Re: [PATCH v3] mm: memcontrol: Don't flood OOM messages with no eligible task.

From: Tetsuo Handa
Date: Wed Oct 17 2018 - 22:46:54 EST

Sergey Senozhatsky wrote:
> On (10/17/18 12:28), Michal Hocko wrote:
> > > Michal proposed ratelimiting dump_header() [2]. But I don't think that
> > > that patch is appropriate because that patch does not ratelimit
> > >
> > > "%s invoked oom-killer: gfp_mask=%#x(%pGg), nodemask=%*pbl, order=%d, oom_score_adj=%hd\n"
> > > "Out of memory and no killable processes...\n"
> [..]
> > > Let's make sure that next dump_header() waits for at least 60 seconds from
> > > previous "Out of memory and no killable processes..." message.
> >
> > Could you explain why this is any better than using a well established
> > ratelimit approach?

This is essentially a ratelimit approach, roughly equivalent with:

static DEFINE_RATELIMIT_STATE(oom_no_victim_rs, 60 * HZ, 1);
oom_no_victim_rs.flags |= RATELIMIT_MSG_ON_RELEASE;

if (__ratelimit(&oom_no_victim_rs)) {
dump_header(oc, NULL);
pr_warn("Out of memory and no killable processes...\n");
oom_no_victim_rs.begin = jiffies;

> Tetsuo, let's use a well established rate-limit approach both in
> dump_hedaer() and out_of_memory(). I actually was under impression
> that Michal added rate-limiting to both of these functions.

Honestly speaking, I wonder whether rate-limit approach helps.
Using a late-limit is a runaround at best.

The fundamental problem here is that we are doing

while (!fatal_signal_pending(current) && !(current->flags & PF_EXITING)) {
pr_warn("Help me! I can't kill somebody...\n");

when we are under memcg OOM situation and we can't OOM-kill some process
(i.e. we can make no progress). No matter how we throttle pr_warn(), this
will keep consuming CPU resources until the memcg OOM situation is solved.

We call panic() if this is global OOM situation. But for memcg OOM situation,
we do nothing and just hope that the memcg OOM situation is solved shortly.

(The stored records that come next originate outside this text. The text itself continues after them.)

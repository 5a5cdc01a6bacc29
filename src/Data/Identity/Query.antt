-- ===== src/Data/Identity/Query.antt =====
-- data/store.c: `get_next_identity` on a tracker of stores.
use cbank_system.Prelude.{
  ℕ, suc, ◌≤◌, ◌≡◌, refl, ap, List, [], ◌∷◌, map, some, append-nil, length, take_of_le,
  if◌then◌else◌, All, arith, Bool-cases, inl, inr,
}
use cbank_system.Prelude.Ret.{ok}
use cbank_system.Text.{
  Bytes, codes, bytes_eq, bytes_eq_refl, length-print_nat, ten_pow, tokens, print_nat,
  print_nat-IsDigit, is_digit,
}
use cbank_system.Orm.Files.{Files, put_file}
use cbank_system.Orm.Filtering.{Doubles, compare}
use cbank_system.Orm.Insert.{row_text}
use cbank_system.Orm.Select.{SelectQuery, rs_max_cols, new_select_query, qselect, qfrom, qwhere}
use cbank_system.Orm.Select.Scan.{
  make_result_set, select_executor, get_row_col_value, pairs_pass, clause_allows, keep_columns,
  keep_column,
}
use cbank_system.Orm.Table.{
  Row, IsRow, table_text, passed_rows, result_of, last_length, first_names,
}
use cbank_system.Orm.Table.Refine.{select_executor-passed_rows}
use cbank_system.Orm.Table.Append.{equals}
use cbank_system.Data.Identity.{db_id_tracker_section, get_next_identity}
use cbank_system.Data.Identity.Tracker.{
  Identity, tracker_text, IsIdentity, digits-Lacks, length-identity_row,
}
use cbank_system.Data.Identity.Entries.{
  open_row, opened, opened-IsIdentity, scan_lines-entries, open-table_text,
}

open_row-IsRow : (e : Identity) → IsIdentity e → IsRow (open_row e)
unfolding row_text is_digit opened
open_row-IsRow e (filled, equals, semi, nl, short, small) =
    let l =
      length-identity_row (opened e)
        (opened-IsIdentity e (filled, equals, semi, nl, short, small)) in
    (
      (λ f. cc),
      (
        (omega arith, omega arith, omega arith, semi, nl),
        (
          (
            omega arith,
            omega arith,
            omega arith,
            digits-Lacks b';' (print_nat e.cur_id) refl (print_nat-IsDigit e.cur_id),
            digits-Lacks 10 (print_nat e.cur_id) refl (print_nat-IsDigit e.cur_id),
          ),
          tt,
        ),
      ),
      omega (arith, rw (append-nil (print_nat e.cur_id)) at l),
    )

open_rows-IsRow :
    (entries : List Identity) → All IsIdentity entries → All IsRow (map open_row entries)
open_rows-IsRow [] h = tt
open_rows-IsRow (e ∷ entries) (he, h) = (open_row-IsRow e he, open_rows-IsRow entries h)

abbrev identity_query : Bytes → SelectQuery
identity_query store_name = record {
  table = db_id_tracker_section;
  columns = codes "cur_id" ∷ [];
  conditions = equals (codes "store") store_name ∷ [];
}

abbrev num_row : Identity → Row
num_row e = (codes "cur_id", print_nat e.cur_id) ∷ []

-- The entries of a store.
unfoldable pub entries_of : Bytes → List Identity → List Identity
entries_of store_name [] = []
entries_of store_name (e ∷ entries) =
    let later = entries_of store_name entries in
    if bytes_eq e.name store_name then e ∷ later else later

pairs_pass-open_row :
    (d : Doubles) (store_name : Bytes) (e : Identity)
    → pairs_pass d (equals (codes "store") store_name ∷ []) (open_row e)
      ≡ bytes_eq e.name store_name
unfolding pairs_pass clause_allows compare bytes_eq
pairs_pass-open_row d store_name e = ground arith

keep_columns-open_row : (e : Identity) → keep_columns (codes "cur_id" ∷ []) (open_row e) ≡ num_row e
unfolding keep_columns keep_column bytes_eq
keep_columns-open_row e = refl

passed_rows-entries_of :
    (d : Doubles) (store_name : Bytes) (entries : List Identity)
    → passed_rows d (identity_query store_name) (map open_row entries)
      ≡ map num_row (entries_of store_name entries)
unfolding passed_rows entries_of
passed_rows-entries_of d store_name [] = refl
passed_rows-entries_of d store_name (e ∷ entries) =
    rw
      (
        pairs_pass-open_row d store_name e,
        keep_columns-open_row e,
        passed_rows-entries_of d store_name entries,
      )
      (elim (Bool-cases (bytes_eq e.name store_name)) [ inl f ↦ rw f refl | inr f ↦ rw f refl ])

num_rows_narrow :
    (entries : List Identity) → All (λ (row : Row). length row ≤ rs_max_cols) (map num_row entries)
num_rows_narrow [] = tt
num_rows_narrow (e ∷ entries) = (omega arith, num_rows_narrow entries)

length-num_rows : (entries : List Identity) → length (map num_row entries) ≡ length entries
length-num_rows [] = refl
length-num_rows (e ∷ entries) = ap suc (length-num_rows entries)

last_length-num_rows :
    (n : ℕ) (entries : List Identity) → n ≡ 1 → last_length n (map num_row entries) ≡ 1
unfolding last_length
last_length-num_rows n [] h = h
last_length-num_rows n (e ∷ entries) h = last_length-num_rows 1 entries refl

first_cur_id :
    (e : Identity) (more : List Identity)
    → get_row_col_value (result_of (map num_row (e ∷ more))) 0 (codes "cur_id")
      ≡ ok (print_nat e.cur_id)
unfolding get_row_col_value result_of last_length first_names bytes_eq
first_cur_id e more = rw (last_length-num_rows 1 more refl) refl

qselect-cur_id :
    qselect new_select_query (codes "cur_id")
    ≡ ok (record { table = []; columns = codes "cur_id" ∷ []; conditions = [] })
unfolding qselect new_select_query tokens
qselect-cur_id = refl

-- What the query for a store's number gives.
select_identity :
    (d : Doubles) (files : Files) (store_name : Bytes) (entries : List Identity)
    → files db_id_tracker_section ≡ some (tracker_text entries)
    → All IsIdentity entries
    → length (entries_of store_name entries) ≤ 100
    → select_executor d (identity_query store_name) files
      ≡ ok (result_of (map num_row (entries_of store_name entries)))
unfolding select_executor
select_identity d files store_name entries at h few =
    let q = identity_query store_name in
    let disk = put_file files db_id_tracker_section (table_text (map open_row entries)) in
    let rows = passed_rows-entries_of d store_name entries in
    let run =
      select_executor-passed_rows d q disk (map open_row entries)
        (rw (bytes_eq_refl db_id_tracker_section) refl) (open_rows-IsRow entries h)
        (rw rows (
          num_rows_narrow (entries_of store_name entries),
          omega (arith, length-num_rows (entries_of store_name entries)),
        )) in
    let run' = rw (bytes_eq_refl db_id_tracker_section, select_executor, rows) at run in
    rw
      (
        at,
        select_executor,
        scan_lines-entries d q make_result_set entries h,
        open-table_text entries,
      )
      run'

pub first_identity :
    (d : Doubles) (files : Files) (store_name : Bytes) (entries more : List Identity) (e : Identity)
    → files db_id_tracker_section ≡ some (tracker_text entries)
    → All IsIdentity entries
    → IsIdentity e
    → length (entries_of store_name entries) ≤ 100
    → entries_of store_name entries ≡ e ∷ more
    → get_next_identity d files store_name 50 ≡ ok (print_nat e.cur_id)
unfolding get_next_identity qfrom qwhere
first_identity d files store_name entries more e at h he few first =
    rw
      (
        qselect-cur_id,
        select_identity d files store_name entries at h few,
        first,
        first_cur_id e more,
      )
      (ap ok (
        take_of_le 49 (print_nat e.cur_id)
          (omega (arith, length-print_nat e.cur_id 9 (unfold ten_pow in omega (arith, he.5))))))
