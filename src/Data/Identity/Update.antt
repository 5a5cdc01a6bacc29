-- ===== src/Data/Identity/Update.antt =====
-- data/store.c: `updt_next_identity` on a tracker of stores.
use cbank_system.Prelude.{
  ℕ, suc, ◌+◌, ◌≤◌, ◌≡◌, refl, ap, true, List, [], ◌∷◌, ◌++◌, map, append_assoc, if◌then◌else◌, All,
  arith, Bool-cases, inl, inr, le→leb,
}
use cbank_system.Prelude.Ret.{ok}
use cbank_system.Prelude.Int.{pos}
use cbank_system.Text.{
  Bytes, codes, bytes_eq, strstr, starts_with, print_nat, print_int, fgets_lines,
  fgets_lines-append, fgets_lines-nil,
}
use cbank_system.Text.Laws.{strcspn_cut-append}
use cbank_system.Orm.Files.{Files, put_file, contents_of}
use cbank_system.Orm.Insert.{row_text}
use cbank_system.Data.Fields.{has_fields, to_int, int_max}
use cbank_system.Data.Fields.Search.{
  HasAt, skips, tail_text, scan_field-row_text, scan_int_field-row_text, is_found-row_text,
}
use cbank_system.Data.Identity.{
  db_id_tracker_section, store_key, cur_id_key, identity_line, next_id, updt_line, updt_lines,
  updt_next_identity,
}
use cbank_system.Data.Identity.Tracker.{
  Identity, line_end, identity_row, tracker_text, IsIdentity, atol-line_end, identity_row-IsPlain,
  identity_row-Lacks, length-identity_row,
}

-- The number of the store goes up by one, and every line is closed.
unfoldable pub bump : Bytes → Identity → Identity
bump store_name e = record {
  name = e.name;
  cur_id = if bytes_eq e.name store_name then suc e.cur_id else e.cur_id;
  closed = true;
}

store_at : (e : Identity) → HasAt (codes "store") e.name (identity_row e) 0
store_at e = (refl, refl)

cur_id_at :
    (e : Identity)
    → HasAt (codes "cur_id") (print_nat e.cur_id ++ line_end e.closed) (identity_row e) 1
unfolding skips strstr starts_with
cur_id_at e = (refl, refl)

-- The line that is written for an entry.
identity_line-row_text :
    (name : Bytes) (n : ℕ)
    → identity_line name (pos n)
      ≡ row_text (identity_row (record { name = name; cur_id = n; closed = true })) ++ 10 ∷ []
unfolding identity_line row_text print_int
identity_line-row_text name n =
    rw (append_assoc name _ (10 ∷ []), append_assoc (print_nat n) (b';' ∷ []) (10 ∷ [])) refl

to_int-pos : (n : ℕ) → n ≤ int_max → to_int (pos n) ≡ ok (pos n)
unfolding to_int
to_int-pos n h = rw (le→leb n int_max h) refl

next_id-bump :
    (store_name : Bytes) (e : Identity)
    → IsIdentity e
    → next_id (bytes_eq e.name store_name) (pos e.cur_id) ≡ ok (pos (bump store_name e).cur_id)
unfolding next_id bump
next_id-bump store_name e (filled, equals, semi, nl, short, small) =
    elim (Bool-cases (bytes_eq e.name store_name)) [
      | inl f ↦ rw (f, to_int-pos (1 + e.cur_id) (omega arith)) (ap (λ m. ok (pos m)) (omega arith))
      | inr f ↦ rw f refl
    ]

identity-has_fields :
    (e : Identity)
    → IsIdentity e
    → has_fields (store_key ∷ cur_id_key ∷ []) (row_text (identity_row e)) ≡ true
unfolding has_fields
identity-has_fields e h =
    rw
      (
        is_found-row_text (codes "store") e.name (identity_row e) 0 (omega arith) (omega arith)
            (identity_row-IsPlain e h) (store_at e),
        is_found-row_text (codes "cur_id") (print_nat e.cur_id ++ line_end e.closed)
            (identity_row e) 1 (omega arith) (omega arith) (identity_row-IsPlain e h) (cur_id_at e),
      )
      refl

-- One line of the tracker.
updt_line-identity_row :
    (store_name : Bytes) (e : Identity)
    → IsIdentity e
    → updt_line store_name (row_text (identity_row e))
      ≡ ok (row_text (identity_row (bump store_name e)) ++ 10 ∷ [])
unfolding updt_line bump
updt_line-identity_row store_name e h =
    let (filled, equals, semi, nl, short, small) = h in
    rw
      (
        identity-has_fields e h,
        scan_field-row_text (codes "store") e.name (identity_row e) 49 0 (omega arith) (omega arith)
            (identity_row-IsPlain e h) (store_at e) filled semi short,
        scan_int_field-row_text (codes "cur_id") (print_nat e.cur_id ++ line_end e.closed)
            (identity_row e) 1 (omega arith) (omega arith) (identity_row-IsPlain e h) (cur_id_at e),
      )
      (unfold tail_text in
        rw
          (
            atol-line_end e.cur_id e.closed,
            to_int-pos e.cur_id (omega arith),
            next_id-bump store_name e h,
          )
          (unfold bump in ap ok (identity_line-row_text e.name _)))

updt_lines-tracker_text :
    (store_name : Bytes) (entries : List Identity)
    → All IsIdentity entries
    → updt_lines store_name (fgets_lines 255 (tracker_text entries))
      ≡ ok (tracker_text (map (bump store_name) entries))
unfolding updt_lines tracker_text
updt_lines-tracker_text store_name [] h = rw (fgets_lines-nil 255) refl
updt_lines-tracker_text store_name (e ∷ entries) (he, h) =
    let line = row_text (identity_row e) in
    let nl = identity_row-Lacks e he in
    rw
      (
        fgets_lines-append 255 line (tracker_text entries) nl (length-identity_row e he),
        updt_lines,
        strcspn_cut-append 10 line [] nl,
        updt_line-identity_row store_name e he,
        updt_lines-tracker_text store_name entries h,
      )
      (ap ok (append_assoc (row_text (identity_row (bump store_name e))) (10 ∷ []) _))

-- On a tracker of stores with their numbers, `updt_next_identity` returns, and changes the tracker
-- alone: the number of every entry of the store goes up by one, the other stores keep theirs, and
-- the entries keep their order.
pub updt_next_identity-tracker_text :
    (files : Files) (store_name : Bytes) (entries : List Identity)
    → contents_of files db_id_tracker_section ≡ tracker_text entries
    → All IsIdentity entries
    → updt_next_identity files store_name
      ≡ ok (put_file files db_id_tracker_section (tracker_text (map (bump store_name) entries)))
unfolding updt_next_identity
updt_next_identity-tracker_text files store_name entries at h =
    rw (at, updt_lines-tracker_text store_name entries h) refl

Until commit 3100dab2aa09dc6e ("mm: memcontrol: print proper OOM header when
no eligible victim left."), we used WARN(1) to report that we are in a bad
situation. And since syzbot happened to hit this WARN(1) with panic_on_warn == 1,
that commit removed this WARN(1) and instead added dump_header() and pr_warn().
And then since syzbot happened to hit RCU stalls at dump_header() added by
that commit, we are trying to mitigate this problem.

But what happens if threads hitting this path are SCHED_RT priority and deprived
threads not hitting this path (e.g. administrator's console session) of all CPU
resources for doing recovery operation? We might succeed with reducing frequency
of messing up the console screens with printk(), but we might fail to solve this
memcg OOM situation after all...

> The appropriate rate-limit value looks like something that printk()
> should know and be able to tell to the rest of the kernel. I don't
> think that middle ground will ever be found elsewhere.
> printk() knows what consoles are registered, and printk() also knows
> (sometimes) what console="..." options the kernel was provided with.
> If baud rates ware not provided as console= options, then serial
> consoles usually use some default value. We can probably ask consoles.
> So *maybe* we can do something like this
> //
> // WARNING: this is just a sketch. A silly idea.
> // I don't know if we can make it usable.
> //
> ---
> int printk_ratelimit_interval(void)
> {
> struct tty_driver *driver = NULL;
> speed_t min_baud = MAX_INT;
> console_lock();
> for_each_console(c) {
> speed_t br;
> if (!c->device)
> continue;
> if (!(c->flags & CON_ENABLED))
> continue;
> if (!c->write)
> continue;
> driver = c->device(c, index);
> if (!driver)
> continue;
> br = tty_get_baud_rate(tty_driver to tty_struct [???]);
> min_baud = min(min_baud, br);
> }
> console_unlock();
> switch (min_baud) {
> case 115200:
> return ret;
> case ...blah blah...:
> return ret * 2;
> case 9600:
> return ret * 4;
> }
> return ret;
> }

I don't think that baud rate is relevant. Writing to console messes up
operations by console users. What matters is that we don't mess up consoles
to the level (or frequency) where console users cannot do their operations.
That is, interval between the last moment we wrote to a console and the
first moment we will write to a console for the next time matters. Roughly
speaking, remember the time stamp when we called call_console_drivers() for
the last time, and compare with that stamp before trying to call a sort of
ratelimited printk(). My patch is doing it using per call-site stamp recording.